HealthDay News -- Medications commonly used to treat Parkinson's disease may raise the risk of impulse control disorders such as compulsive gambling, compulsive shopping, and/or hypersexuality, according to a new review published online in JAMA Internal Medicine.

To explore any risk for the development of impulse control issues, the study authors analyzed FDA data on 2.7 million domestic and foreign adverse drug events reported between 2003 and 2012. Of these, 1,580 events were specifically identified as involving what investigators categorized as "serious" impulse control scenarios, with about half involving American patients. The remaining cases involved patients in 21 other countries.

The study authors found that nearly 45% of these events (n=710) were linked directly to the use of any of six different dopamine receptor agonist medications, and most involved male patients (more than 65%) with an average age of 55 years. The other 55% of cases were associated with the use of other medications.

More than 60% of the time, the impulse control cases involving dopamine receptor agonists involved patients with Parkinson's, whereas nearly a quarter involved patients with restless leg syndrome. Breaking it down, the team identified 628 instances of pathological gambling, 465 cases of hypersexuality, and 202 examples of compulsive shopping.

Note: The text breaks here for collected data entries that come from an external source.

-- ===== src/Lexer/Strings.antt =====
-- String literals in `lex_expr` of src/mellowlang/lexer.py.
use mellow_programming_langu.Prelude.{
  ℕ, ◌+◌, ◌≡◌, refl, ap, ◌∙◌, false, ◌||◌, Option, some, [], ◌∷◌, ◌++◌, append-nil, append_assoc,
  arith, ◌==◌, if◌then◌else◌, length,
}
use mellow_programming_langu.Text.{Text, codes, is_space}
use mellow_programming_langu.Lexer.{
  Unicode, TokenType, string_tok, eof_tok, literal_body, string_escape, escaped, next_token,
  token_at, lex_loop, lex_expr, is_quote, backslash, with_token,
}

-- How a character is written between double quotes.
unfoldable pub spelled : ℕ → Text
spelled c =
    if c == b'"' || c == backslash
    then backslash ∷ c ∷ []
    else if c == 10
    then codes "\\n"
    else if c == 9
    then codes "\\t"
    else if c == 13
    then codes "\\r"
    else c ∷ []

unfoldable pub spell : Text → Text
unfolding spelled
spell [] = []
spell (c ∷ s) = spelled c ++ spell s

unfoldable pub literal_of : Text → Text
literal_of s = b'"' ∷ (spell s ++ b'"' ∷ [])

-- An escape that is not `\u` is read as one character, whatever follows.
string_escape_plain :
    (e : ℕ) (s : Text) → (e == b'u') ≡ false → string_escape (e ∷ s) ≡ (escaped e, 1)
unfolding string_escape
string_escape_plain e [] h = refl
string_escape_plain e (a ∷ []) h = refl
string_escape_plain e (a ∷ b ∷ []) h = refl
string_escape_plain e (a ∷ b ∷ c ∷ []) h = refl
string_escape_plain e (a ∷ b ∷ c ∷ d ∷ s) h = rw h

body_escape :
    (buf : Text) (e : ℕ) (s : Text)
    → (e == b'u') ≡ false
    → literal_body string_escape b'"' buf 0 (backslash ∷ e ∷ s)
      ≡ literal_body string_escape b'"' (buf ++ escaped e ∷ []) 0 s
unfolding literal_body
body_escape buf e s h =
    ap (λ (p : ℕ × ℕ). literal_body string_escape b'"' (buf ++ p.0 ∷ []) p.1 (e ∷ s))
      (string_escape_plain e s h)

body_plain :
    (buf : Text) (c : ℕ) (s : Text)
    → (c == backslash) ≡ false
    → (c == b'"') ≡ false
    → literal_body string_escape b'"' buf 0 (c ∷ s)
      ≡ literal_body string_escape b'"' (buf ++ c ∷ []) 0 s
unfolding literal_body
body_plain buf c s h k = rw (h, k)

body_spelled :
    (buf : Text) (c : ℕ) (s : Text)
    → literal_body string_escape b'"' buf 0 (spelled c ++ s)
      ≡ literal_body string_escape b'"' (buf ++ c ∷ []) 0 s
unfolding spelled escaped
body_spelled buf c s = ground (
  arith,
  body_escape buf c s,
  body_escape buf b'n' s,
  body_escape buf b't' s,
  body_escape buf b'r' s,
  body_plain buf c s,
)

body_spell :
    (buf s rest : Text)
    → literal_body string_escape b'"' buf 0 (spell s ++ b'"' ∷ rest) ≡ (buf ++ s, rest)
unfolding spell
body_spell buf [] rest = unfold literal_body in rw append-nil
body_spell buf (c ∷ s) rest = rw (append_assoc (spelled c) (spell s) (b'"' ∷ rest)) (
    body_spelled buf c (spell s ++ b'"' ∷ rest)
    ∙ body_spell (buf ++ c ∷ []) s rest
    ∙ ap (λ (t : Text). (t, rest)) (append_assoc buf (c ∷ []) s))

next_token_string :
    (u : Unicode) (t : Text)
    → next_token u b'"' t ≡ (
      some (string_tok, (literal_body string_escape b'"' [] 0 t).0),
      (literal_body string_escape b'"' [] 0 t).1,
    )
unfolding next_token is_space is_quote
next_token_string u t = refl

next_token-spell :
    (u : Unicode) (s : Text) → next_token u b'"' (spell s ++ b'"' ∷ []) ≡ (some (string_tok, s), [])
next_token-spell u s =
    next_token_string u (spell s ++ b'"' ∷ [])
    ∙ ap (λ (p : Text × Text). (some (string_tok, p.0), p.1)) (body_spell [] s [])

-- The literal of any text is lexed to one string token with that text as its value, and the end.
pub lex_expr-literal_of :
    (u : Unicode) (line base_col : ℕ) (s : Text)
    → lex_expr u (literal_of s) line base_col
      ≡ some (
          record { type = string_tok; value = s; pos = 0; line = line; col = base_col }
          ∷ record {
            type = eof_tok;
            value = [];
            pos = length (literal_of s);
            line = line;
            col = base_col + length (literal_of s);
          }
          ∷ [])
unfolding lex_expr lex_loop token_at literal_of
lex_expr-literal_of u line base_col s =
    ap
      (λ (p : Option (TokenType × Text) × Text).
        with_token u (length (literal_of s)) line base_col (literal_of s) p.0
          (lex_loop u (length (literal_of s)) (length (literal_of s)) line base_col p.1))
      (next_token-spell u s)
    ∙ ground arith
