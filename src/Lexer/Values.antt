-- ===== src/Lexer/Values.antt =====
-- The values of the tokens of `lex_expr` of src/mellowlang/lexer.py.
use mellow_programming_langu.Prelude.{
  ℕ, zero, suc, ◌+◌, ◌≡◌, refl, sym, ap, ◌∙◌, subst, ◌⊎◌, inl, inr, Bool, true, false, ◌&&◌, ◌||◌,
  Option, none, some, List, [], ◌∷◌, ◌++◌, arith, ◌==◌, if◌then◌else◌, if_split, Bool-cases, length,
  take, drop, take-append-drop,
}
use mellow_programming_langu.Text.{Text, is_space}
use mellow_programming_langu.Lexer.{
  Unicode, Token, TokenType, is_quote, number_length, word_length, starts_with_quote,
  starts_with_digit, next_token, is_op, is_two_char, underscore, with_token, token_at, lex_loop,
  lex_expr, number_tok, word_type, op_tok, symbol_tok,
}
use mellow_programming_langu.Lexer.Positions.{lex_expr-Placed}

-- The text without its white space.
unfoldable pub solid : Text → Text
solid [] = []
solid (c ∷ s) = if is_space c then solid s else c ∷ solid s

unfoldable pub values : List Token → Text
values [] = []
values (t ∷ ts) = t.value ++ values ts

abbrev pub NoQuotes : Text → Type 0
NoQuotes [] = Unit
NoQuotes (c ∷ s) = (is_quote c ≡ false) × NoQuotes s

abbrev IsSolid : Text → Type 0
IsSolid [] = Unit
IsSolid (c ∷ s) = (is_space c ≡ false) × IsSolid s

solid-append : (v s : Text) → IsSolid v → solid (v ++ s) ≡ v ++ solid s
unfolding solid
solid-append [] s h = refl
solid-append (c ∷ v) s (hc, h) = rw hc (ap (◌∷◌ c) (solid-append v s h))

solid-take : (n : ℕ) (s : Text) → IsSolid (take n s) → solid s ≡ take n s ++ solid (drop n s)
solid-take n s h = ap solid (sym (take-append-drop n s)) ∙ solid-append (take n s) (drop n s) h

NoQuotes-drop : (n : ℕ) (s : Text) → NoQuotes s → NoQuotes (drop n s)
NoQuotes-drop zero s h = h
NoQuotes-drop (suc n) [] h = tt
NoQuotes-drop (suc n) (c ∷ s) h = NoQuotes-drop n s h.1

IsSolid-suc :
    (c n : ℕ) (s : Text) → is_space c ≡ false → IsSolid (take n s) → IsSolid (take (1 + n) (c ∷ s))
IsSolid-suc c n s hc h =
    let e : 1 + n ≡ suc n = omega arith in subst (λ k. IsSolid (take k (c ∷ s))) (sym e) (hc, h)

dot_solid : (c : ℕ) → (c == b'.') ≡ true → is_space c ≡ false
unfolding is_space
dot_solid c h = ground arith

underscore_solid : (c : ℕ) → (c == underscore) ≡ true → is_space c ≡ false
unfolding is_space
underscore_solid c h = ground arith

two_char_second : (c d : ℕ) → is_two_char c d ≡ true → (d ≡ b'=') ⊎ (d ≡ b'*')
unfolding is_two_char
two_char_second c d h = ground arith

second_solid : (d : ℕ) → (d ≡ b'=') ⊎ (d ≡ b'*') → is_space d ≡ false
unfolding is_space
second_solid d (inl e) = rw e
second_solid d (inr e) = rw e

module _ (u : Unicode) where
  number-IsSolid : (has_dot : Bool) (s : Text) → IsSolid (take (number_length u has_dot s) s)
  unfolding number_length
  number-IsSolid has_dot [] = tt
  number-IsSolid has_dot (c ∷ s) =
      let P : ℕ → Type 0 = λ m. IsSolid (take m (c ∷ s)) in
      if_split P (c == b'.')
        (λ dot.
          if_split P has_dot (λ _. tt)
            (λ _.
              IsSolid-suc c (number_length u true s) s (dot_solid c dot) (number-IsSolid true s)))
        (λ _.
          if_split P (u.is_digit c)
            (λ digit.
              IsSolid-suc c (number_length u has_dot s) s (u.digit_solid c digit)
                (number-IsSolid has_dot s))
            (λ _. tt))

  word_char_solid : (c : ℕ) → (u.is_alnum c || c == underscore) ≡ true → is_space c ≡ false
  word_char_solid c h = elim (Bool-cases (u.is_alnum c)) [
    | inl e ↦ u.alnum_solid c e
    | inr e ↦ underscore_solid c (rw e at h)
  ]

  word-IsSolid : (s : Text) → IsSolid (take (word_length u s) s)
  unfolding word_length
  word-IsSolid [] = tt
  word-IsSolid (c ∷ s) =
      if_split (λ m. IsSolid (take m (c ∷ s))) (u.is_alnum c || c == underscore)
        (λ w. IsSolid-suc c (word_length u s) s (word_char_solid c w) (word-IsSolid s)) (λ _. tt)

  -- What one round takes from the text: a solid value in front of the rest, or white space.
  Takes : Text → Option (TokenType × Text) × Text → Type 0
  Takes s (none, rest) = (solid s ≡ solid rest) × NoQuotes rest
  Takes s (some (type, value), rest) = (solid s ≡ value ++ solid rest) × NoQuotes rest

  Takes-take :
      (n : ℕ) (s : Text) (type : TokenType)
      → NoQuotes s
      → IsSolid (take n s)
      → Takes s (some (type, take n s), drop n s)
  unfolding Takes
  Takes-take n s type q h = (solid-take n s h, NoQuotes-drop n s q)

  op-IsSolid :
      (c : ℕ) (s : Text) → is_space c ≡ false → is_op u c s ≡ true → IsSolid (take 2 (c ∷ s))
  unfolding is_op
  op-IsSolid c [] hc h = cc
  op-IsSolid c (d ∷ s) hc h = (hc, (second_solid d (two_char_second c d h), tt))

  Takes-space : (c : ℕ) (s : Text) → NoQuotes s → is_space c ≡ true → Takes (c ∷ s) (none, s)
  unfolding Takes solid
  Takes-space c s q h = (rw h, q)

  no_fstring : (b : Bool) (s : Text) → NoQuotes s → (b && starts_with_quote u s) ≡ true → ⊥
  unfolding starts_with_quote
  no_fstring b [] q h = ground arith
  no_fstring b (d ∷ s) q h = ground arith

  next_token-Takes : (c : ℕ) (s : Text) → NoQuotes (c ∷ s) → Takes (c ∷ s) (next_token u c s)
  unfolding next_token
  next_token-Takes c s (qc, q) =
      let P : Option (TokenType × Text) × Text → Type 0 = λ r. Takes (c ∷ s) r in
      let n = number_length u false (c ∷ s) in
      let w = suc (word_length u s) in
      if_split P (is_space c) (Takes-space c s q) (λ hc.
        if_split P ((c == b'f' || c == b'F') && starts_with_quote u s)
          (λ h. absurd (no_fstring (c == b'f' || c == b'F') s q h))
          (λ _.
            if_split P (is_quote c) (λ h. cc)
              (λ _.
                if_split P (u.is_digit c || c == b'.' && starts_with_digit u s)
                  (λ _. Takes-take n (c ∷ s) number_tok (qc, q) (number-IsSolid false (c ∷ s)))
                  (λ _.
                    if_split P (u.is_alpha c || c == underscore)
                      (λ _.
                        Takes-take w (c ∷ s) (word_type u (take w (c ∷ s))) (qc, q)
                          (hc, word-IsSolid s))
                      (λ _.
                        if_split P (is_op u c s)
                          (λ o. Takes-take 2 (c ∷ s) op_tok (qc, q) (op-IsSolid c s hc o))
                          (λ _. Takes-take 1 (c ∷ s) symbol_tok (qc, q) (hc, tt)))))))

  values_step :
      (n line base_col : ℕ) (s : Text) (t : Option (TokenType × Text)) (rest : Text)
      (tokens : Option (List Token)) (ts : List Token)
      → Takes s (t, rest)
      → with_token u n line base_col s t tokens ≡ some ts
      → (us : List Token) × (tokens ≡ some us) × (values us ≡ solid rest → values ts ≡ solid s)
  unfolding Takes with_token token_at values
  values_step n line base_col s none rest tokens ts h e = (ts, e, λ p. p ∙ sym h.0)
  values_step n line base_col s (some t) rest none ts h e = cc
  values_step n line base_col s (some (type, value)) rest (some us) ts h e =
      (us, refl, λ p. ground (arith, h.0))

  Takes-rest :
      (s : Text) (t : Option (TokenType × Text)) (rest : Text) → Takes s (t, rest) → NoQuotes rest
  unfolding Takes
  Takes-rest s none rest h = h.1
  Takes-rest s (some t) rest h = h.1

  lex_loop-values :
      (fuel n line base_col : ℕ) (s : Text) (ts : List Token)
      → NoQuotes s
      → lex_loop u fuel n line base_col s ≡ some ts
      → values ts ≡ solid s
  unfolding lex_loop
  lex_loop-values zero n line base_col s ts q e = cc
  lex_loop-values (suc fuel) n line base_col [] ts q e =
      unfold values solid token_at in ground arith
  lex_loop-values (suc fuel) n line base_col (c ∷ s) ts q e =
      let (t, rest) = next_token u c s in
      let h = next_token-Takes c s q in
      let (us, f, step) =
        values_step n line base_col (c ∷ s) t rest (lex_loop u fuel n line base_col rest) ts h e in
      step (lex_loop-values fuel n line base_col rest us (Takes-rest (c ∷ s) t rest h) f)

-- Without quotes in the source nothing is lost and nothing made up: the values of the tokens, put
-- together, are the source without its white space.
pub lex_expr-values :
    (u : Unicode) (src : Text) (line base_col : ℕ)
    → NoQuotes src
    → (ts : List Token) × (lex_expr u src line base_col ≡ some ts) × (values ts ≡ solid src)
unfolding lex_expr
lex_expr-values u src line base_col q =
    let (ts, e, _) = lex_expr-Placed u src line base_col in
    (ts, e, lex_loop-values u (suc (length src)) (length src) line base_col src ts q e)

"What we have here is a striking example of a major problem in drug safety," study researcher Thomas Moore, a senior scientist with the Institute of Safe Medication Practices and a lecturer in epidemiology and biostatistics at George Washington University in Washington, DC, told HealthDay. "And that is the issue of how drugs can sometimes provoke psychiatric side effects that actually make people behave in extremely destructive and abnormal ways."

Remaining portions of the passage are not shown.